Testing of autonomous system software
Software architectures for autonomous systems such as robots are typically structured in layers. Upper layers operate at high levels of abstraction and real-time granularity to carry out, for example, long-term planning of activities to reach user-specified goals. The lowest layer, usually called the functional layer, is typically required to carry out multiple hard real-time control activities in parallel. These activities are launched by asynchronous calls from clients situated at the upper layers, so there is a need for the functional layer to provide built-in protection to ensure that it is robust with respect to requests that are issued at instants that are incompatible with its current state and could therefore cause the system to fail.

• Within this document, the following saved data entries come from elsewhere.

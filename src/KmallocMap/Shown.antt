-- ===== src/KmallocMap/Shown.antt =====
-- ex7.c and new_st.c: the texts that `init` writes are those that are printed.
use lkms.Prelude.{
  ℕ, zero, suc, ◌+◌, ◌*◌, ◌≤◌, ◌<◌, ◌≡◌, refl, arith, ltb, true, false, List, [], ◌∷◌, ◌++◌, length,
  length-append, length-replicate, append_assoc, add64, page_size, drop, replicate,
}
use mathlib.Core.Path.{subst}
use native.Mathlib.Decide.{dec_lt}
use lkms.Kernel.Run.{ok, Ends, ends, Ends-weaken, ◌>>=◌}
use lkms.KmallocMap.{State, page_limit, page_text, put_bytes, store}
use lkms.KmallocMap.Bytes.{
  Spells, put_bytes-Spells, Spells-put_bytes, Spells-prefix, is_inside-true, store-run, filled,
  sprintf-run, page_text-short,
}
use lkms.KmallocMap.Pages.{IsReady, Texts}
use lkms.KmallocMap.Printing
use lkms.KmallocMap.Clearing

-- The address of page `n`.
abbrev pub page_at : ℕ → State → ℕ
page_at n s = s.kmalloc_area + page_size * n

-- `s` with bytes written at page `n`.
abbrev written : ℕ → List ℕ → State → State
written n vs s = record s { memory = put_bytes (page_at n s) vs s.memory }

text-short : (n : ℕ) → length (page_text n ++ (0 ∷ [])) ≤ 36
text-short n = omega (arith, length-append (page_text n) (0 ∷ []), page_text-short n)

-- A write to page `n` leaves the pages before it.
written-Texts : (n : ℕ) (vs : List ℕ) (s : State) → Texts n s → Texts n (written n vs s)
written-Texts n vs s texts j h =
    Spells-put_bytes s.memory (page_at j s) (page_text (j + 1) ++ (0 ∷ [])) (page_at n s) vs
      (omega (arith, h, text-short (j + 1))) (texts j h)

-- A write of its text makes page `n` one of those that hold their texts.
written-text :
    (n : ℕ) (buffer : List ℕ) (s : State)
    → Texts n s
    → Texts (n + 1) (written n (filled (n + 1) buffer) s)
written-text n buffer s texts j h = elim (dec_lt j n) [
  | yes before ↦ written-Texts n (filled (n + 1) buffer) s texts j before
  | no last ↦
      let here : n ≡ j = omega (arith, h, last) in
      subst
        (λ i.
          Spells (put_bytes (page_at n s) (filled (n + 1) buffer) s.memory) (page_at i s)
            (page_text (i + 1) ++ (0 ∷ [])))
        here
        (Spells-prefix (put_bytes (page_at n s) (filled (n + 1) buffer) s.memory) (page_at n s)
          (page_text (n + 1) ++ (0 ∷ [])) (drop (length (page_text (n + 1)) + 1) buffer)
          (rw
            (append_assoc (page_text (n + 1)) (0 ∷ [])
              (drop (length (page_text (n + 1)) + 1) buffer))
            (put_bytes-Spells (page_at n s) (filled (n + 1) buffer) s.memory)))
]

store-page :
    (n : ℕ) (vs : List ℕ) (s : State)
    → IsReady s
    → n < 16
    → length vs ≤ page_size
    → store (page_at n s) vs s ≡ ok (written n vs s)
store-page n vs s ready h short = store-run (page_at n s) vs s (
    is_inside-true (page_at n s) (length vs) s ready.used (omega (arith, ready.above))
      (omega (arith, ready.near, h, short)))

-- The 16 texts are there, and where the memory lies is as before.
pub record Shows (s t : State) : Type 0 where
  pub ready : IsReady t
  pub texts : Texts 16 t
  pub area : t.kmalloc_area ≡ s.kmalloc_area
  pub end : t.end ≡ s.end

pub Printing-write_pages :
    (n fuel i : ℕ) (buffer : List ℕ) (s : State)
    → IsReady s
    → Texts i s
    → length buffer ≡ 50
    → n < fuel
    → i + n ≡ 16
    → Ends (Shows s) (
        Printing.write_pages fuel
          (page_at i s)
          (s.kmalloc_area + page_limit * page_size)
          (i + 1)
          buffer
          s)
unfolding Printing.write_pages
Printing-write_pages n zero i buffer s ready texts len f e = absurd (omega arith)
Printing-write_pages zero (suc fuel) i buffer s ready texts len f e =
    let over : ltb (page_at i s) (s.kmalloc_area + page_limit * page_size) ≡ false = ground arith in
    let all_done : i ≡ 16 = omega (arith, e) in
    rw (Printing.write_pages, over)
      (ends (record {
        ready = ready;
        texts = subst (λ k. Texts k s) all_done texts;
        area = refl;
        end = refl;
      }))
Printing-write_pages (suc n) (suc fuel) i buffer s ready texts len f e =
    let more : ltb (page_at i s) (s.kmalloc_area + page_limit * page_size) ≡ true = ground arith in
    let next : add64 (page_at i s) page_size ≡ page_at (i + 1) s =
      omega (arith, ready.near, ready.low) in
    let (run, len') = sprintf-run (i + 1) buffer len in
    let t = written i (filled (i + 1) buffer) s in
    let ready' : IsReady t = record {
      used = ready.used;
      above = ready.above;
      near = ready.near;
      low = ready.low;
    } in
    rw
      (
        Printing.write_pages,
        more,
        run,
        ◌>>=◌,
        store-page i (filled (i + 1) buffer) s ready (omega (arith, e)) (omega (arith, len')),
        ◌>>=◌,
        next,
      )
      (Ends-weaken
        (Printing-write_pages n fuel (i + 1) (filled (i + 1) buffer) t ready'
          (written-text i buffer s texts) len' (omega arith) (omega arith))
        (λ u sh. record { ready = sh.ready; texts = sh.texts; area = sh.area; end = sh.end }))

pub Clearing-write_pages :
    (n fuel i : ℕ) (buffer : List ℕ) (s : State)
    → IsReady s
    → Texts i s
    → length buffer ≡ 50
    → n < fuel
    → i + n ≡ 16
    → Ends (Shows s) (
        Clearing.write_pages fuel
          (page_at i s)
          (s.kmalloc_area + page_limit * page_size)
          (i + 1)
          buffer
          s)
unfolding Clearing.write_pages
Clearing-write_pages n zero i buffer s ready texts len f e = absurd (omega arith)
Clearing-write_pages zero (suc fuel) i buffer s ready texts len f e =
    let over : ltb (page_at i s) (s.kmalloc_area + page_limit * page_size) ≡ false = ground arith in
    let all_done : i ≡ 16 = omega (arith, e) in
    rw (Clearing.write_pages, over)
      (ends (record {
        ready = ready;
        texts = subst (λ k. Texts k s) all_done texts;
        area = refl;
        end = refl;
      }))
Clearing-write_pages (suc n) (suc fuel) i buffer s ready texts len f e =
    let more : ltb (page_at i s) (s.kmalloc_area + page_limit * page_size) ≡ true = ground arith in
    let next : add64 (page_at i s) page_size ≡ page_at (i + 1) s =
      omega (arith, ready.near, ready.low) in
    let (run, len') = sprintf-run (i + 1) buffer len in
    let zeros : List ℕ = replicate page_size 0 in
    let z = written i zeros s in
    let t = written i (filled (i + 1) buffer) z in
    let ready_z : IsReady z = record {
      used = ready.used;
      above = ready.above;
      near = ready.near;
      low = ready.low;
    } in
    let ready' : IsReady t = record {
      used = ready.used;
      above = ready.above;
      near = ready.near;
      low = ready.low;
    } in
    rw
      (
        Clearing.write_pages,
        more,
        run,
        ◌>>=◌,
        store-page i zeros s ready (omega (arith, e))
            (omega (arith, length-replicate {A = ℕ} page_size 0)),
        ◌>>=◌,
        store-page i (filled (i + 1) buffer) z ready_z (omega (arith, e)) (omega (arith, len')),
        ◌>>=◌,
        next,
      )
      (Ends-weaken
        (Clearing-write_pages n fuel (i + 1) (filled (i + 1) buffer) t ready'
          (written-text i buffer z (written-Texts i zeros s texts)) len' (omega arith)
          (omega arith))
        (λ u sh. record { ready = sh.ready; texts = sh.texts; area = sh.area; end = sh.end }))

We have developed a hybrid black-box testing approach to assess the robustness provided by such protection mechanisms [PACIK12]. Test cases are generated by random mutation of a valid sequence of requests. Test verdicts are obtained by a set of property-based robustness oracles applied to a logged trace of requests and responses. The approach has been applied successfully in the context of the Dala experimental planetary explorer robot.
Robustness testing of Dala rover functional layer
[PACIK12] D. Powell, J. Arlat, H. N. Chu, F. Ingrand, and M. Killijian: Testing the Input Timing Robustness of Real-time Control Software for Autonomous Systems, in 9th European Dependable Computing Conference (EDCC 2012), 2012, pp. 73-83.